Da oggi Giorgio Napolitano, Renato Maria Giuseppe Schifani, Gianfranco Fini e Silvio Berlusconi non sono più uguali davanti alla legge a Tizio, Caio, Sempronio e Mevio.
E’ meglio precisare che ben poco c’entrano le quattro più alte cariche della Repubblica perché il legittimo impedimento non è circoscritto ai reati commessi nell’esercizio delle proprie funzioni: la Costituzione infatti già accorda la protezione per quel che concerne l’attività pubblica ma ovviamente non può tutelare l’identità del titolare della carica in modo difforme rispetto a qualsiasi altro cittadino.

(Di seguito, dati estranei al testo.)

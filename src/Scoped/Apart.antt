-- ===== src/Scoped/Apart.antt =====
-- crates/ignis/src/php/scoped.rs: what the operations leave of one object and of a scope's copy of it.
use ignis.Shared.{
  ℕ, ◌≡◌, ◌≢◌, refl, ap, ◌∙◌, inl, inr, Bool, List, [], ◌∷◌, Option, none, some, ◌==◌,
  if◌then◌else◌, lookup, insert, remove, lookup-remove_other, UniqueKeys, Absent, arith, Bool-cases,
}
use ignis.Scoped.{
  Slots, Scoped, rows_of, row, row_zero, swap_all, swap_tables, on_switch, reset_all, remove_from,
}
use ignis.Scoped.Rows.{Tables, row_put}

swap_all-Absent :
    (l e j : ℕ) (live : List (ℕ × Slots)) (T : Tables)
    → Absent j live
    → Absent j (swap_all l e live T).0
unfolding swap_all
swap_all-Absent l e j [] T a = tt
swap_all-Absent l e j ((k, v) ∷ live) T a =
    (a.0, swap_all-Absent l e j live (swap_tables l e k v T) a.1)

swap_all-UniqueKeys :
    (l e : ℕ) (live : List (ℕ × Slots)) (T : Tables)
    → UniqueKeys live
    → UniqueKeys (swap_all l e live T).0
unfolding swap_all
swap_all-UniqueKeys l e [] T u = tt
swap_all-UniqueKeys l e ((k, v) ∷ live) T u = (
  swap_all-Absent l e k live (swap_tables l e k v T) u.0,
  swap_all-UniqueKeys l e live (swap_tables l e k v T) u.1,
)

pub on_switch-UniqueKeys :
    (l e : ℕ) (w : Scoped) → UniqueKeys w.live → UniqueKeys (on_switch l e w).live
unfolding on_switch
on_switch-UniqueKeys l e w u = elim (Bool-cases (l == e)) [
  | inl y ↦ rw (y, on_switch) u
  | inr z ↦ rw (z, on_switch) (swap_all-UniqueKeys l e w.live w.tables u)
]

reset_all-Absent :
    (j : ℕ) (live : List (ℕ × Slots)) (T : Tables) → Absent j live → Absent j (reset_all live T)
reset_all-Absent j [] T a = tt
reset_all-Absent j ((k, v) ∷ live) T a = (a.0, reset_all-Absent j live T a.1)

pub reset_all-UniqueKeys :
    (live : List (ℕ × Slots)) (T : Tables) → UniqueKeys live → UniqueKeys (reset_all live T)
reset_all-UniqueKeys [] T u = tt
reset_all-UniqueKeys ((k, v) ∷ live) T u =
    (reset_all-Absent k live T u.0, reset_all-UniqueKeys live T u.1)

-- A reset leaves each object live.
pub reset_all-live :
    (h : ℕ) (live : List (ℕ × Slots)) (T : Tables)
    → lookup h live ≢ none
    → lookup h (reset_all live T) ≢ none
unfolding lookup
reset_all-live h [] T n = n
reset_all-live h ((j, v) ∷ live) T n = elim (Bool-cases (j == h)) [
  | inl y ↦ rw y (λ x. ground (arith, x))
  | inr z ↦ rw z (
      reset_all-live h live T
        (λ x. n (ap (λ (b : Bool). if b then some v else lookup h live) z ∙ x)))
]

-- The copies of one object in a table, where another is dropped.
pub row-remove_from : (s h j : ℕ) (T : Tables) → j ≢ h → row s h (remove_from j T) ≡ row s h T
unfolding lookup
row-remove_from s h j [] n = refl
row-remove_from s h j ((k, rows) ∷ T) n = elim (Bool-cases (k == s)) [
  | inl y ↦ rw (y, row, rows_of, lookup) (lookup-remove_other j h rows n)
  | inr z ↦ rw (z, row, rows_of, lookup) (row-remove_from s h j T n)
]

-- Another scope's tables go.
pub row-remove : (s h k : ℕ) (T : Tables) → k ≢ s → row s h (remove k T) ≡ row s h T
row-remove s h k T n =
    ap (λ (o : Option (List (ℕ × Slots))). lookup h (elim o [ some r ↦ r | none ↦ [] ]))
      (lookup-remove_other k s T n)

-- Row zero is sealed.
pub row-seal :
    (s h j : ℕ) (v : Slots) (T : Tables)
    → s ≢ row_zero
    → row s h (insert row_zero (insert j v (rows_of row_zero T)) T) ≡ row s h T
row-seal s h j v T n = ground (arith, n, row_put row_zero s j h v T)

Negli Stati Uniti Clinton tentò di arrivare al medesimo risultato al quale è arrivato Silvio Berlusconi ma la Corte si oppose ritenendo le accuse della signora Jones (violenza sessuale) in nessun modo collidenti con l’attività presidenziale.
Non sarà così per i processi riguardanti la corruzione dell’avvocato Mills, la diffamazione aggravata dall’uso del mezzo televisivo ai danni delle Cooperative Rosse e per la compravendita di diritti televisivi.
A questo punto si spera solo che non vada a buon fine il proposito già sancito nella legge approvata oggi in Senato che prevede il varo di una legge identica ma di rango costituzionale: sporcare la nostra Carta con una simile porcata sarebbe davvero troppo!